# [Problem to work on]
Within the records that follow, find every line containing the string "settling". Copy those lines.

# [Data extracts]
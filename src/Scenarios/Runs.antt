-- ===== src/Scenarios/Runs.antt =====
-- The runs of the concrete controllers.
use ikimetr.Prelude.{true, text, none, ◌≡◌, refl, false, some, [], ◌∷◌, text_Eq, text_eq, ok}
use ikimetr.Prelude.Dict.{lookup, contains, insert}
use ikimetr.Money.{
  assert_non_negative_safe_integer, safe_bigint_to_number, create_money, add_money, round_up,
  calculate_micros_for_tokens,
}
use ikimetr.Config.{provider_id_Eq, risk_class_Eq, capability_id_Eq, data_class_Eq, route_Eq}
use ikimetr.Pricing.{find_snapshot, resolve_snapshot, resolve, charge, calculate_cost}
use ikimetr.LedgerEvents.{
  valid_reservation, valid_settlement, valid_event, parse_ledger_event, LedgerEvent, event_strings,
  is_identifier, is_reason_code, is_sha256_hex, ends_with_z,
}
use ikimetr.Budget.Usage.{
  join, budget_scope_key, safe_add, settlement_to_usage, merge_usage, add_usage, add_number,
  add_cloud, add_common, add_record_to_totals, create_empty_totals,
}
use ikimetr.Budget.Replay.{
  Summary, expected_cost, validate_reservation, exceeds, computed_overrun, has_usage,
  validate_disposition, validate_settlement, add_reservation, apply_settlement, add_settlement,
  replay_event, replay_events, count_record, summarize_record, summarize, recovery_blocking,
  empty_summary, empty_replay, derive_budget_state,
}
use ikimetr.Budget.Limits.{
  check_number_limit, check_money_limit, check_usage_limits, required_usage, check_scope,
  check_provider_limits, check_cloud_limits, check_retry_limits, validate_candidate_limits,
}
use ikimetr.Budget.Prepare.{
  assert_storage_ready, current_timestamp, validate_provider_request, check_admission,
  resolve_pricing, reservation_limits, reserved_usage, reservation_event, build_reservation,
  prepare_reservation,
}
use ikimetr.Budget.Controller.{
  AppendOutcome, assert_unique_event_id, assert_unique_settlement_id, require_active_reservation,
  ledger_append, append_and_apply, plan_reserve, reserve, pricing_from_reservation,
  settlement_usage, settlement_event, release_event, validated, plan_settle, plan_release,
  append_settlement, settle, release, initialize_from, initialize,
}
use ikimetr.Budget.Spec.{records_of}
use ikimetr.Config.{ProviderId, Route, DataClass}
use ikimetr.Budget.Controller.{BudgetQuoteRequest}
use ikimetr.Budget.Controller.Quote.{
  QuoteHash, BudgetQuoteResult, quote, quote_of, quote_internal, quote_request,
}
use ikimetr.Scenarios.{
  demo, clock, request, booked, controller, settling, releasing, booking, settlement, overrun,
  release_record, restarted,
}

-- A request that is within the limits is made.
pub booked_ok : (reserve demo clock AppendOutcome.appended request (controller [])).1 ≡ ok booked
unfolding assert_non_negative_safe_integer safe_bigint_to_number create_money add_money round_up
    calculate_micros_for_tokens find_snapshot resolve_snapshot resolve charge calculate_cost
    valid_reservation valid_settlement valid_event parse_ledger_event event_strings is_identifier
    is_reason_code is_sha256_hex ends_with_z join budget_scope_key safe_add settlement_to_usage
    merge_usage add_usage add_number add_cloud add_common add_record_to_totals create_empty_totals
    expected_cost validate_reservation exceeds computed_overrun has_usage validate_disposition
    validate_settlement add_reservation apply_settlement add_settlement replay_event replay_events
    count_record summarize_record summarize recovery_blocking empty_summary empty_replay
    derive_budget_state check_number_limit check_money_limit check_usage_limits required_usage
    check_scope check_provider_limits check_cloud_limits check_retry_limits
    validate_candidate_limits assert_storage_ready current_timestamp validate_provider_request
    check_admission resolve_pricing reservation_limits reserved_usage reservation_event
    build_reservation prepare_reservation assert_unique_event_id assert_unique_settlement_id
    require_active_reservation ledger_append append_and_apply plan_reserve reserve
    pricing_from_reservation settlement_usage settlement_event release_event validated plan_settle
    plan_release append_settlement settle release initialize_from initialize lookup contains insert
    controller text_eq
booked_ok = refl

-- A settlement within the reservation.
pub settled_ok :
    (settle demo clock AppendOutcome.appended (settling 50) (controller (booking ∷ []))).1
    ≡ ok settlement
unfolding assert_non_negative_safe_integer safe_bigint_to_number create_money add_money round_up
    calculate_micros_for_tokens find_snapshot resolve_snapshot resolve charge calculate_cost
    valid_reservation valid_settlement valid_event parse_ledger_event event_strings is_identifier
    is_reason_code is_sha256_hex ends_with_z join budget_scope_key safe_add settlement_to_usage
    merge_usage add_usage add_number add_cloud add_common add_record_to_totals create_empty_totals
    expected_cost validate_reservation exceeds computed_overrun has_usage validate_disposition
    validate_settlement add_reservation apply_settlement add_settlement replay_event replay_events
    count_record summarize_record summarize recovery_blocking empty_summary empty_replay
    derive_budget_state check_number_limit check_money_limit check_usage_limits required_usage
    check_scope check_provider_limits check_cloud_limits check_retry_limits
    validate_candidate_limits assert_storage_ready current_timestamp validate_provider_request
    check_admission resolve_pricing reservation_limits reserved_usage reservation_event
    build_reservation prepare_reservation assert_unique_event_id assert_unique_settlement_id
    require_active_reservation ledger_append append_and_apply plan_reserve reserve
    pricing_from_reservation settlement_usage settlement_event release_event validated plan_settle
    plan_release append_settlement settle release initialize_from initialize lookup contains insert
    controller text_eq
settled_ok = refl

-- A settlement beyond it.
pub overrun_ok :
    (settle demo clock AppendOutcome.appended (settling 150) (controller (booking ∷ []))).1
    ≡ ok overrun
unfolding assert_non_negative_safe_integer safe_bigint_to_number create_money add_money round_up
    calculate_micros_for_tokens find_snapshot resolve_snapshot resolve charge calculate_cost
    valid_reservation valid_settlement valid_event parse_ledger_event event_strings is_identifier
    is_reason_code is_sha256_hex ends_with_z join budget_scope_key safe_add settlement_to_usage
    merge_usage add_usage add_number add_cloud add_common add_record_to_totals create_empty_totals
    expected_cost validate_reservation exceeds computed_overrun has_usage validate_disposition
    validate_settlement add_reservation apply_settlement add_settlement replay_event replay_events
    count_record summarize_record summarize recovery_blocking empty_summary empty_replay
    derive_budget_state check_number_limit check_money_limit check_usage_limits required_usage
    check_scope check_provider_limits check_cloud_limits check_retry_limits
    validate_candidate_limits assert_storage_ready current_timestamp validate_provider_request
    check_admission resolve_pricing reservation_limits reserved_usage reservation_event
    build_reservation prepare_reservation assert_unique_event_id assert_unique_settlement_id
    require_active_reservation ledger_append append_and_apply plan_reserve reserve
    pricing_from_reservation settlement_usage settlement_event release_event validated plan_settle
    plan_release append_settlement settle release initialize_from initialize lookup contains insert
    controller text_eq
overrun_ok = refl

# [Written response]
  demo, clock, request, booked, controller, settling, releasing, booking, settlement, overrun,
    (settle demo clock AppendOutcome.appended (settling 50) (controller (booking ∷ []))).1
    (settle demo clock AppendOutcome.appended (settling 150) (controller (booking ∷ []))).1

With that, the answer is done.